#### Problem description:
Once you reach the line containing "fds = 4 ∷ 9 ∷ [];" in the data below, restate each line word for word up to and including the one containing "An iterator into".

+++++

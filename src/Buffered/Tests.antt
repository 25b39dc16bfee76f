-- ===== src/Buffered/Tests.antt =====
-- The theorems of the buffered socket at concrete states.
use libcoda_net.Base.{
  ◌⊎◌, true, false, some, List, [], ◌∷◌, ◌++◌, ◌≡◌, ◌≢◌, refl, Bytes, ascii, length, arith, ◌<◌,
}
use libcoda_net.Socket.{
  Socket, refused, connected, connect_loop, returned, is_valid, release, closesocket,
}
use libcoda_net.Buffered.{
  Buffered, will_read, did_read, block, ended, not_now, write_from_buffer, read_to_buffer,
}
use libcoda_net.Buffered.Lines.{
  readln, readln-split, read_lines, write_lines, read_lines-write_lines, NoNewline, AllNewline,
  StartsLine,
}
use libcoda_net.Buffered.Transfer.{part_written, all_written, write_from_buffer_lem, notified}
use libcoda_net.Buffered.Calls.{Answer, bytes, error, eintr, read_calls}
use libcoda_net.Buffered.Calls.Script.{forget, read_calls-script}
use libcoda_net.Buffered.Connection
use libcoda_net.Buffered.Connection.{extract, reconnect_keeps}
use libcoda_net.Buffered.Objects.{move_assign, move_assign-flushes, destroy}
use libcoda_net.Buffered.Channel.{
  Action, put, put_line, flush, receive, get_line, perform_all, spec_all, spec, received, next_line,
  view,
}
use libcoda_net.Buffered.Channel.Agrees.{perform_all-spec_all}
use libcoda_net.Buffered.Receive.{read_to_buffer-blocks}

abbrev peer : Socket
peer = record { sock = some 4; non_blocking = true; secure = false }

abbrev live : Buffered
live = record {
  socket = peer;
  in_buffer = ascii "a";
  out_buffer = ascii "hello";
  listeners = some 1 ∷ some 2 ∷ [];
  fds = 4 ∷ [];
  incoming = block (ascii "b") ∷ block (ascii "c") ∷ not_now ∷ ended ∷ [];
  outgoing = some 2 ∷ some 5 ∷ [];
  wire = [];
  calls = [];
}

abbrev blank : Buffered
blank = record live { out_buffer = [] }

readln-split_example :
    let (line, left) = readln (ascii "one\n\r\ntwo\n") in
    (gap : Bytes) × (ascii "one\n\r\ntwo\n" ≡ line ++ (gap ++ left))
    × NoNewline line
    × AllNewline gap
    × StartsLine left
    × ((gap ≢ []) ⊎ (left ≡ []))
    × ((ascii "one\n\r\ntwo\n" ≡ []) ⊎ (length left < length (ascii "one\n\r\ntwo\n")))
readln-split_example = readln-split (ascii "one\n\r\ntwo\n")

readln_one : readln (ascii "one\n\r\ntwo\n") ≡ (ascii "one", ascii "two\n")
unfolding readln
readln_one = refl

read_lines-write_lines_example :
    read_lines 2 (write_lines (ascii "ab" ∷ ascii "c" ∷ []) blank).out_buffer
    ≡ (ascii "ab" ∷ ascii "c" ∷ [], [])
read_lines-write_lines_example =
    read_lines-write_lines (ascii "ab" ∷ ascii "c" ∷ []) blank (ground arith) refl

write_from_buffer_lem_example :
    ((some 2 ≡ some (length live.out_buffer))
      × (write_from_buffer live ≡ some (true, all_written live (some 5 ∷ []))))
    ⊎ ((some 2 ≢ some (length live.out_buffer))
        × (write_from_buffer live ≡ some (false, part_written live (some 2) (some 5 ∷ []))))
write_from_buffer_lem_example =
    write_from_buffer_lem live (some 2) (some 5 ∷ []) (refl, (refl, tt)) refl (λ e. cc) refl
      (omega arith)

abbrev reader : Buffered
reader = record live {
  in_buffer = ascii "abc";
  incoming = ended ∷ [];
  calls = notified will_read live ++ notified did_read live;
}

read_to_buffer-blocks_example : read_to_buffer (λ s. s) live ≡ some (true, reader)
read_to_buffer-blocks_example =
    read_to_buffer-blocks (λ s. s) (ascii "b" ∷ ascii "c" ∷ []) not_now live (ended ∷ []) tt
      (refl, (refl, tt)) refl refl refl

abbrev dialogue : List Action
dialogue =
    put (ascii "a")
    ∷ flush false
    ∷ put_line (ascii "b")
    ∷ flush true
    ∷ receive (block (ascii "x\r\ny") ∷ block (ascii "z") ∷ not_now ∷ [])
    ∷ get_line
    ∷ get_line
    ∷ []

perform_all-spec_all_example :
    (b' : Buffered) × (perform_all dialogue live
      ≡ some ((spec_all true dialogue (view live)).0, b'))
    × (view b' ≡ (spec_all true dialogue (view live)).1)
perform_all-spec_all_example =
    perform_all-spec_all dialogue live (refl, (refl, tt)) refl (omega arith)

-- The second line has no newline character behind it.
dialogue_lines : (spec_all true dialogue (view live)).0 ≡ ascii "ax" ∷ ascii "yz" ∷ []
unfolding spec_all spec received next_line
dialogue_lines = refl

-- A block, an interrupted call, and one more block, which is not read.
abbrev interrupted : List Answer
interrupted = bytes b'x' (ascii "y") ∷ error eintr ∷ bytes b'z' [] ∷ []

read_calls-script_example :
    forget (read_calls (λ s. s) interrupted live)
    ≡ read_to_buffer
        (λ s. s)
        (record live { incoming = block (ascii "xy") ∷ not_now ∷ block (ascii "z") ∷ [] })
read_calls-script_example = read_calls-script (λ s. s) interrupted live

reconnect_keeps_example :
    (b' b'' : Buffered) × (Connection.connect (some (refused 6 ∷ connected 7 ∷ [])) true live
      ≡ some (returned true, b'))
    × (b'.socket.sock ≡ some 7)
    × (b'.socket.secure ≡ false)
    × (b'.in_buffer ≡ ascii "a")
    × (b'.out_buffer ≡ ascii "hello")
    × (write_from_buffer b' ≡ some (true, b''))
    × (b''.wire ≡ b'.wire ++ ascii "hello")
    × (b''.out_buffer ≡ [])
unfolding connect_loop
reconnect_keeps_example =
    reconnect_keeps (refused 6 ∷ connected 7 ∷ []) 7 live (some 2) [] (refl, (refl, tt)) refl refl
      (λ e. cc) refl (omega arith) (λ e. ground arith) refl

-- Reading with the operator leaves the input where it is.
extract_keeps : (extract [] (extract [] live).1).0 ≡ (extract [] live).0
unfolding extract
extract_keeps = refl

abbrev other : Buffered
other = record live {
  socket = record peer { sock = some 9 };
  in_buffer = ascii "new";
  out_buffer = [];
  listeners = [];
  fds = 4 ∷ 9 ∷ [];
}

abbrev taken : Buffered
taken = record live { outgoing = some 5 ∷ [] }

move_assign-flushes_example :
    (old target source : Buffered) × (move_assign taken other ≡ some (old, target, source))
    × (old.wire ≡ ascii "hello")
    × (target.socket ≡ other.socket)
    × (target.in_buffer ≡ ascii "new")
    × (target.out_buffer ≡ [])
    × (target.listeners ≡ [])
    × (target.fds ≡ 9 ∷ [])
    × (is_valid source.socket ≡ false)
    × (source.in_buffer ≡ [])
    × (source.out_buffer ≡ [])
unfolding release closesocket
move_assign-flushes_example =
    move_assign-flushes taken other [] (refl, (refl, tt)) refl (λ e. cc) refl

-- The destructor neither sends what is left nor calls a listener.
destroy_drops : (destroy live).calls ≡ []
unfolding destroy
destroy_drops = refl
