-- ===== src/Uri/Parse.antt =====
-- The `uri` class and `uri::parse`. An iterator into the string is the suffix that it points at,
-- and a range is a string.
use mathlib.Core.Option
use libcoda_net.Base.{
  ℕ, Bool, true, false, ◌&&◌, Option, none, some, [], ◌∷◌, ◌++◌, map, ◌==◌, if◌then◌else◌, Bytes,
  before_first, from_first, is_empty, to_lower,
}

pub record Uri : Type 0 where
  pub uri : Bytes
  pub is_valid : Bool
  pub scheme : Bytes
  pub user : Bytes
  pub password : Bytes
  pub host : Bytes
  pub port : Bytes
  pub path : Bytes
  pub query : Bytes
  pub fragment : Bytes

-- `uri::uri()`, with the string that the other constructor stores first.
abbrev pub blank : Bytes → Uri
blank s = record {
  uri = s;
  is_valid = false;
  scheme = [];
  user = [];
  password = [];
  host = [];
  port = [];
  path = [];
  query = [];
  fragment = [];
}

abbrev tail : Bytes → Bytes
tail [] = []
tail (c ∷ s) = s

-- Whether the string starts with "://", and what is behind it.
abbrev pub after_prot_end : Bytes → Option Bytes
after_prot_end (a ∷ b ∷ c ∷ s) = if a == b':' && b == b'/' && c == b'/' then some s else none
after_prot_end _ = none

-- `search` for "://": what is before it, and what is behind it.
unfoldable pub find_prot_end : Bytes → Option (Bytes × Bytes)
find_prot_end [] = none
find_prot_end (c ∷ s) = elim (after_prot_end (c ∷ s)) [
  | some rest ↦ some ([], rest)
  | none ↦ Option.map (λ (r : Bytes × Bytes). (c ∷ r.0, r.1)) (find_prot_end s)
]

-- `*it == mark ? it + 1 : it` up to the end of the range; at the end of the string `*it` is zero.
abbrev pub skip_mark : ℕ → Bytes → Bytes
skip_mark mark [] = []
skip_mark mark (c ∷ s) = if c == mark then s else c ∷ s

-- The part before an `@`. `pwd_i` stays on the colon.
unfoldable pub parse_credentials : Uri → Bytes → Uri
parse_credentials u s =
    if is_empty (from_first b':' s)
    then record u { user = s }
    else record u { password = from_first b':' s; user = before_first b':' s }

-- From `host_.reserve` on, and before it the port. The arguments are the ranges `[pos_i, path_i)`
-- and `[path_i, end)`.
unfoldable pub parse_host : Uri → Bytes → Uri
parse_host u authority = record u {
  port = skip_mark b':' (from_first b':' authority);
  host = map to_lower (before_first b':' authority);
}

-- The argument is what is behind the question mark. `frag_i` stays on the number sign.
unfoldable pub parse_query : Uri → Bytes → Uri
parse_query u s = record u { query = before_first b'#' s; fragment = from_first b'#' s }

unfoldable pub parse_path : Uri → Bytes → Uri
parse_path u s =
    parse_query (record u { path = skip_mark b'/' (before_first b'?' s) })
      (tail (from_first b'?' s))

unfoldable pub parse_location : Uri → Bytes → Uri
parse_location u s = parse_path (parse_host u (before_first b'/' s)) (from_first b'/' s)

-- From `find(pos_i, uri_s.end(), '@')` on.
unfoldable pub parse_rest : Uri → Bytes → Uri
parse_rest u s = elim (from_first b'@' s) [
  | [] ↦ parse_location u s
  | at ∷ rest ↦ parse_location (parse_credentials u (before_first b'@' s)) rest
]

-- `uri::parse`: its result, and the object.
unfoldable pub parse : Uri → Bytes → Bytes → Bool × Uri
parse u uri_s default_scheme = if is_empty uri_s then (false, u) else elim (find_prot_end uri_s) [
  | none ↦
      if is_empty default_scheme
      then (false, u)
      else (true, parse_rest (record u { scheme = default_scheme }) uri_s)
  | some (s, rest) ↦ (true, parse_rest (record u { scheme = map to_lower s }) rest)
]

-- The constructor.
unfoldable pub uri : Bytes → Bytes → Uri
uri s default_scheme = let r = parse (blank s) s default_scheme in record (r.1) { is_valid = r.0 }

unfoldable pub full_path : Uri → Bytes
full_path u =
    let temp = if is_empty u.query then u.path else u.path ++ (b'?' ∷ u.query) in
    if is_empty u.fragment then temp else temp ++ (b'#' ∷ u.fragment)

unfoldable pub host_with_port : Uri → Bytes
host_with_port u = if is_empty u.port then u.host else u.host ++ (b':' ∷ u.port)

-- A run of the parser unfolds this.
unfoldable pub run_uri : Bytes → Bytes → Uri
unfolding uri parse find_prot_end parse_rest parse_credentials parse_location parse_host parse_path
    parse_query before_first from_first
run_uri = uri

+++++

#### Result of the exercise:
  fds = 4 ∷ 9 ∷ [];
}

abbrev taken : Buffered
taken = record live { outgoing = some 5 ∷ [] }

move_assign-flushes_example :
    (old target source : Buffered) × (move_assign taken other ≡ some (old, target, source))
    × (old.wire ≡ ascii "hello")
    × (target.socket ≡ other.socket)
    × (target.in_buffer ≡ ascii "new")
    × (target.out_buffer ≡ [])
    × (target.listeners ≡ [])
    × (target.fds ≡ 9 ∷ [])
    × (is_valid source.socket ≡ false)
    × (source.in_buffer ≡ [])
    × (source.out_buffer ≡ [])
unfolding release closesocket
move_assign-flushes_example =
    move_assign-flushes taken other [] (refl, (refl, tt)) refl (λ e. cc) refl

-- The destructor neither sends what is left nor calls a listener.
destroy_drops : (destroy live).calls ≡ []
unfolding destroy
destroy_drops = refl
-- ===== src/Uri/Parse.antt =====
-- The `uri` class and `uri::parse`. An iterator into the string is the suffix that it points at,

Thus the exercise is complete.